Last Night at the Last Chance Diner - Cover

Last Night at the Last Chance Diner

Copyright© 2014 by Number 7

Chapter 16

The Last Day

11:44:22 p.m.

The wind-loosened awning took that moment to develop a hole big enough to emit a long, low howl that sounded surprisingly like a woman's cry. The slightly guttural and thoroughly disquieting sound didn't travel very far due to the hammering winds and the blizzard, though it did go far enough to get the undivided attention of one very strange person slowly trudging up the deserted street.

He was a living, breathing paradox, one of those human anomalies capable of providing conversational fodder long after normal topics have been exhausted. When he spoke, he either entertained or frightened people.

"It takes a licking and still keeps ticking!"

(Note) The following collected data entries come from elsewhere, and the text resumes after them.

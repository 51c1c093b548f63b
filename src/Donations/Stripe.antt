-- ===== src/Donations/Stripe.antt =====
-- Reading Stripe's objects (donations.logic.ts).
pub mod Parsed
use mastermind_minecraft_ser.Prelude.{
  ℕ, zero, suc, pos, Bool, true, false, String, ◌&&◌, ◌||◌, not, Text, codes, trim, same,
  split_commas, Option, none, some, List, [], ◌∷◌, map, filter, all, take, length, leb, ◌==◌,
  if◌then◌else◌,
}
use mastermind_minecraft_ser.Json.{
  JsNumber, int, Value, bool, number, string, object, Fields, end, get,
}
use mastermind_minecraft_ser.Grants.Items.{Runtime, is_letter, is_digit}

-- `t || null`
unfoldable pub non_empty : Text → Option Text
non_empty [] = none
non_empty (c ∷ t) = some (c ∷ t)

-- `typeof value === 'string' ? value : null`
unfoldable pub as_text : Value → Option Text
as_text (string t) = some t
as_text _ = none

-- the trimmed text, cut to 255 characters
unfoldable pub clean_id : Option Text → Option Text
unfolding non_empty trim
clean_id none = none
clean_id (some t) = non_empty (take 255 (trim t))

unfoldable pub stripe_object_id : Value → Option Text
unfolding clean_id as_text get
stripe_object_id (string t) = clean_id (some t)
stripe_object_id (object fs) = clean_id (as_text (get fs "id"))
stripe_object_id _ = none

-- `Number.isInteger(value) ? value : null`, for a value that has to be at least 0 to be used
unfoldable pub as_whole : Value → Option ℕ
as_whole (number (int (pos n))) = some n
as_whole _ = none

-- `/^[a-z0-9_-]{10,40}$/i`
unfoldable pub is_item_id_char : ℕ → Bool
unfolding is_letter is_digit
is_item_id_char c = is_letter c || is_digit c || c == b'_' || c == b'-'

unfoldable pub is_item_id : Text → Bool
unfolding is_item_id_char
is_item_id t = leb 10 (length t) && leb (length t) 40 && all is_item_id_char t

unfoldable pub metadata_of : Value → Fields
metadata_of (object fs) = fs
metadata_of _ = end

unfoldable pub text_or_empty : Option Text → Text
text_or_empty none = []
text_or_empty (some t) = t

unfoldable pub single_item : Option Text → List Text
unfolding is_item_id
single_item none = []
single_item (some t) = if is_item_id t then t ∷ [] else []

unfoldable pub shop_item_ids_of : Option Text → Option Text → List Text
unfolding single_item split_commas trim same filter
shop_item_ids_of none one = single_item one
shop_item_ids_of (some many) one =
    if same (trim many) []
    then single_item one
    else filter is_item_id (map trim (split_commas many))

-- an integer above 0
unfoldable pub positives : List JsNumber → List ℕ
positives [] = []
positives (int (pos (suc n)) ∷ ns) = suc n ∷ positives ns
positives (_ ∷ ns) = positives ns

unfoldable pub line_amounts_of : Runtime → Option Text → List ℕ
unfolding positives split_commas trim same
line_amounts_of js none = []
line_amounts_of js (some t) =
    if same (trim t) []
    then []
    else positives (map (λ part. js.to_number (trim part)) (split_commas t))

unfoldable pub only : List Text → Option Text
only (x ∷ []) = some x
only _ = none

unfoldable pub currency_of : Option Text → Text
currency_of (some (c ∷ t)) = take 8 (c ∷ t)
currency_of _ = codes "usd"

pub record Paid : Type 0 where
  pub session_id : Text
  pub payment_intent_id : Option Text
  pub amount_cents : ℕ
  pub currency : Text
  pub player_id : Text
  pub steam_id : Text
  pub server_instance_id : Text
  pub org_id : Text
  pub shop_item_id : Option Text
  pub shop_item_ids : List Text
  pub line_amounts : List ℕ

-- `metadata.playerId`, or the client reference
unfoldable pub player_id_of : Option Text → Value → Option Text
unfolding stripe_object_id
player_id_of (some t) reference = some t
player_id_of none reference = stripe_object_id reference

-- the last test: every field that has to be there is there, and the amount is above 0
unfoldable pub require_all :
    Option Text
    → Option ℕ
    → Option Text
    → Text
    → Text
    → Text
    → (Text → ℕ → Text → Paid)
    → Option Paid
unfolding same
require_all (some session) (some (suc n)) (some player) steam server org make =
    if same player [] || same steam [] || same server [] || same org []
    then none
    else some (make session (suc n) player)
require_all _ _ _ steam server org make = none

-- a string of the session's metadata
unfoldable pub metadata_text : Fields → String → Option Text
unfolding metadata_of as_text get
metadata_text o key = as_text (get (metadata_of (get o "metadata")) key)

unfoldable pub item_ids : Fields → List Text
unfolding shop_item_ids_of metadata_text
item_ids o = shop_item_ids_of (metadata_text o "shopItemIds") (metadata_text o "shopItemId")

unfoldable pub make_paid : Runtime → Fields → Text → ℕ → Text → Paid
unfolding stripe_object_id as_text text_or_empty item_ids line_amounts_of only currency_of
make_paid js o session amount player = record {
  session_id = session;
  payment_intent_id = stripe_object_id (get o "payment_intent");
  amount_cents = amount;
  currency = currency_of (as_text (get o "currency"));
  player_id = player;
  steam_id = text_or_empty (metadata_text o "steamId");
  server_instance_id = text_or_empty (metadata_text o "serverInstanceId");
  org_id = text_or_empty (metadata_text o "orgId");
  shop_item_id = only (item_ids o);
  shop_item_ids = item_ids o;
  line_amounts = line_amounts_of js (metadata_text o "lineAmounts");
}

unfoldable pub checked_paid : Runtime → Fields → Option Paid
unfolding require_all stripe_object_id as_whole player_id_of make_paid
checked_paid js o =
    require_all (stripe_object_id (get o "id")) (as_whole (get o "amount_total"))
      (player_id_of (metadata_text o "playerId") (get o "client_reference_id"))
      (text_or_empty (metadata_text o "steamId"))
      (text_or_empty (metadata_text o "serverInstanceId")) (text_or_empty (metadata_text o "orgId"))
      (make_paid js o)

unfoldable pub parse_paid_checkout_session : Runtime → Fields → Option Paid
unfolding checked_paid same
parse_paid_checkout_session js o =
    if not (same (text_or_empty (as_text (get o "payment_status"))) (codes "paid"))
    then none
    else checked_paid js o

pub record ChargeRefund : Type 0 where
  pub payment_intent_id : Text
  pub refunded_cents : ℕ

unfoldable pub charge_refund : Option Text → Option ℕ → Option ChargeRefund
charge_refund (some intent) (some n) =
    some (record { payment_intent_id = intent; refunded_cents = n })
charge_refund _ _ = none

unfoldable pub is_true : Value → Bool
is_true (bool b) = b
is_true _ = false

-- the integer `amount_refunded`, or the integer `amount` of a charge that is marked as refunded; a
-- negative integer is refused, also where the other field could be read
unfoldable pub refund_amount : Value → Value → Value → Option ℕ
unfolding as_whole is_true
refund_amount (number (int z)) amount flag = as_whole (number (int z))
refund_amount _ amount flag = if is_true flag then as_whole amount else none

unfoldable pub parse_charge_refund : Fields → Option ChargeRefund
unfolding charge_refund stripe_object_id refund_amount get
parse_charge_refund o =
    charge_refund (stripe_object_id (get o "payment_intent"))
      (refund_amount (get o "amount_refunded") (get o "amount") (get o "refunded"))

-- a dispute needs an amount above 0
unfoldable pub above_zero : Option ℕ → Option ℕ
above_zero (some (suc n)) = some (suc n)
above_zero _ = none

unfoldable pub parse_lost_dispute : Fields → Option ChargeRefund
unfolding charge_refund stripe_object_id as_whole above_zero as_text text_or_empty get same
parse_lost_dispute o =
    if not (same (text_or_empty (as_text (get o "status"))) (codes "lost"))
    then none
    else charge_refund (stripe_object_id (get o "payment_intent"))
        (above_zero (as_whole (get o "amount")))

"Boy what a chip off the old block."

"I think I've got it!"

"Who knew?"

"Do you have a cough due to cold?"

"Did your get up and go, get up and leave?"

"NBC? Must see TV!"

All these clichés came tumbling out in an incoherent stream, with no order whatsoever. Beauregard simply spouted words without context.

Named by a mother enamored of the south, he lived forever with an anachronistic name that had doomed him to a childhood of torment by his peers. While she was pregnant, his doting mother had read a book about the dashing Confederate General Pierre Gustave Toutant-Beauregard and his gallantry in the Mexican-American and Civil Wars.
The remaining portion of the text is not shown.